Malgré leur résilience et leur contribution cruciale à la survie des familles, ces femmes se heurtent à des obstacles importants, notamment l’insécurité économique, le manque de ressources financières et l’accès limité aux marchés. De plus, leur participation dans les espaces de décision reste faible.
Les intervenants ont formulé trois messages essentiels au Gouverneur, soulignant que les femmes sont un pilier de la résilience communautaire, et donc
soutenir les femmes, c’est renforcer la stabilité et la reconstruction économique et sociale des communautés du Sud-Kivu. Elles sont les moteurs principaux du relèvement dans les villages, les marchés et les champs. Selon elles, la paix et le développement durable ne seront possibles qu’à travers l’implication active des femmes et des jeunes dans les processus de décision. Ces derniers ne doivent pas être seulement bénéficiaires des programmes, mais des acteurs de la gouvernance. Il est crucial de soutenir l’entrepreneuriat féminin et des jeunes, l’agriculture familiale, les petites entreprises et le commerce transfrontalier, qui constituent des sources de revenus vitales pour de nombreuses familles, ajoutent-elles.
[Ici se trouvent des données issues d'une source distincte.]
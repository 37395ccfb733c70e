-- ===== src/Domain/CodeIndex/Queries.antt =====
-- The lookup tables of `RepoIndex` against plain scans of its two lists.
use analysis_engine_service.Prelude.{
  ℕ, String, ◌≡◌, refl, sym, ap, ◌∙◌, ◌⊎◌, inl, inr, ◌≢◌, Bool, false, not, ◌&&◌, Option, none,
  some, List, [], ◌∷◌, ◌++◌, append-nil, ◌==◌, if◌then◌else◌, filter, Dict, get, put, append-if,
  push, bucket, Bool-cases, bucket-push, bucket-push_all, Elem, All, get-put, eq_iff, arith,
}
use analysis_engine_service.Domain.CodeIndex.{
  Symbol, Edge, is_calls, put_ids, push_incoming, build, get_symbol, find_by_name, symbols_in_file,
  callees_of, call_sites_of, calls_by_name,
}

-- The edge's resolved target is the symbol `k`.
abbrev pub targets : String → Edge → Bool
targets k e = elim e.target_symbol_id [ none ↦ false | some t ↦ not (t == "") && t == k ]

pub bucket-push_incoming :
    (k : String) (d : Dict (List Edge)) (es : List Edge)
    → bucket k (push_incoming d es) ≡ bucket k d ++ filter (targets k) es
unfolding push_incoming
bucket-push_incoming k d [] = sym (append-nil (bucket k d))
bucket-push_incoming k d (e ∷ es) = step e.target_symbol_id (λ d'. bucket-push_incoming k d' es)
  where
    rest : List Edge
    rest = filter (targets k) es

    step :
        (o : Option String)
        → ((d' : Dict (List Edge)) → bucket k (push_incoming d' es) ≡ bucket k d' ++ rest)
        → bucket k
            (push_incoming (elim o [ none ↦ d | some t ↦ if t == "" then d else push t e d ]) es)
          ≡ bucket k d
            ++ (if elim o [ none ↦ false | some t ↦ not (t == "") && t == k ]
                then e ∷ rest
                else rest)
    step none ih = ih d
    step (some t) ih = elim (Bool-cases (t == "")) [
      | inl empty ↦ rw (empty, if◌then◌else◌) (ih d)
      | inr full ↦
          rw (full, if◌then◌else◌)
            (ih (push t e d)
              ∙ ap (λ b. b ++ rest) (bucket-push t k e d)
              ∙ append-if (t == k) (bucket k d) e rest)
    ]

filter-filter :
    (p q : Edge → Bool) (es : List Edge) → filter p (filter q es) ≡ filter (λ e. q e && p e) es
filter-filter p q [] = refl
filter-filter p q (e ∷ es) = ground (arith, filter-filter p q es)

-- Every list query returns what a scan of the index's own list finds, in the order of that list:
-- the symbols of a file, those of a name, the calls out of a symbol, the resolved calls into it and
-- the calls of a name.
pub queries-eq-scans :
    (symbols : List Symbol) (edges : List Edge) (i f : ℕ) (k : String)
    → (symbols_in_file (build symbols edges i f) k ≡ filter (λ s. s.file_path == k) symbols)
      × (find_by_name (build symbols edges i f) k ≡ filter (λ s. s.name == k) symbols)
      × (callees_of (build symbols edges i f) k
          ≡ filter (λ e. e.source_symbol_id == k && is_calls e) edges)
      × (call_sites_of (build symbols edges i f) k ≡ filter (λ e. targets k e && is_calls e) edges)
      × (calls_by_name (build symbols edges i f) k
          ≡ filter (λ e. is_calls e && e.target_name == k) edges)
unfolding build symbols_in_file find_by_name callees_of call_sites_of calls_by_name
queries-eq-scans symbols edges i f k = (
  bucket-push_all (λ s. s.file_path) k [] symbols,
  bucket-push_all (λ s. s.name) k [] symbols,
  ap (filter is_calls) (bucket-push_all (λ e. e.source_symbol_id) k [] edges)
      ∙ filter-filter is_calls (λ e. e.source_symbol_id == k) edges,
  ap (filter is_calls) (bucket-push_incoming k [] edges) ∙ filter-filter is_calls (targets k) edges,
  bucket-push_all (λ e. e.target_name) k [] (filter is_calls edges)
      ∙ filter-filter (λ e. e.target_name == k) is_calls edges,
)

-- What a table by id holds is a symbol with that id.
pub get-put_ids_sound :
    (k : String) (d : Dict Symbol) (ss : List Symbol) (s : Symbol)
    → get k (put_ids d ss) ≡ some s
    → (Elem s ss × (s.symbol_id ≡ k)) ⊎ (get k d ≡ some s)
unfolding put_ids
get-put_ids_sound k d [] s h = inr h
get-put_ids_sound k d (x ∷ ss) s h = ground (
  arith,
  get-put_ids_sound k (put x.symbol_id x d) ss s h,
  get-put x.symbol_id k x d,
  eq_iff x.symbol_id k,
)

-- A symbol in the list has its id in the table.
pub get-put_ids-none :
    (k : String) (d : Dict Symbol) (ss : List Symbol)
    → get k (put_ids d ss) ≡ none
    → All (λ s. s.symbol_id ≢ k) ss × (get k d ≡ none)
unfolding put_ids
get-put_ids-none k d [] h = (tt, h)
get-put_ids-none k d (x ∷ ss) h =
    let (rest, here) = get-put_ids-none k (put x.symbol_id x d) ss h in
    (
      (ground (arith, here, get-put x.symbol_id k x d, eq_iff x.symbol_id k), rest),
      ground (arith, here, get-put x.symbol_id k x d, eq_iff x.symbol_id k),
    )

-- `get` finds a symbol of the list with that id, and finds none only if the list has none.
pub get_symbol-build :
    (symbols : List Symbol) (edges : List Edge) (i f : ℕ) (k : String)
    → ((s : Symbol)
        → get_symbol (build symbols edges i f) k ≡ some s
        → Elem s symbols × (s.symbol_id ≡ k))
      × (get_symbol (build symbols edges i f) k ≡ none → All (λ s. s.symbol_id ≢ k) symbols)
unfolding build get_symbol
get_symbol-build symbols edges i f k = (
  λ s h. elim (get-put_ids_sound k [] symbols s h) [ inl r ↦ r | inr e ↦ absurd (cc) ],
  λ h. (get-put_ids-none k [] symbols h).0,
)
Le plaidoyer a également mis en lumière l’importance d’un partenariat solide entre les institutions publiques, les organisations nationales de la société civile, les partenaires internationaux et le système des Nations Unies. Ce partenariat est essentiel pour mobiliser des ressources, renforcer les capacités locales et soutenir les initiatives des femmes et des jeunes dans le processus de stabilisation et de développement de la province, disent-elles.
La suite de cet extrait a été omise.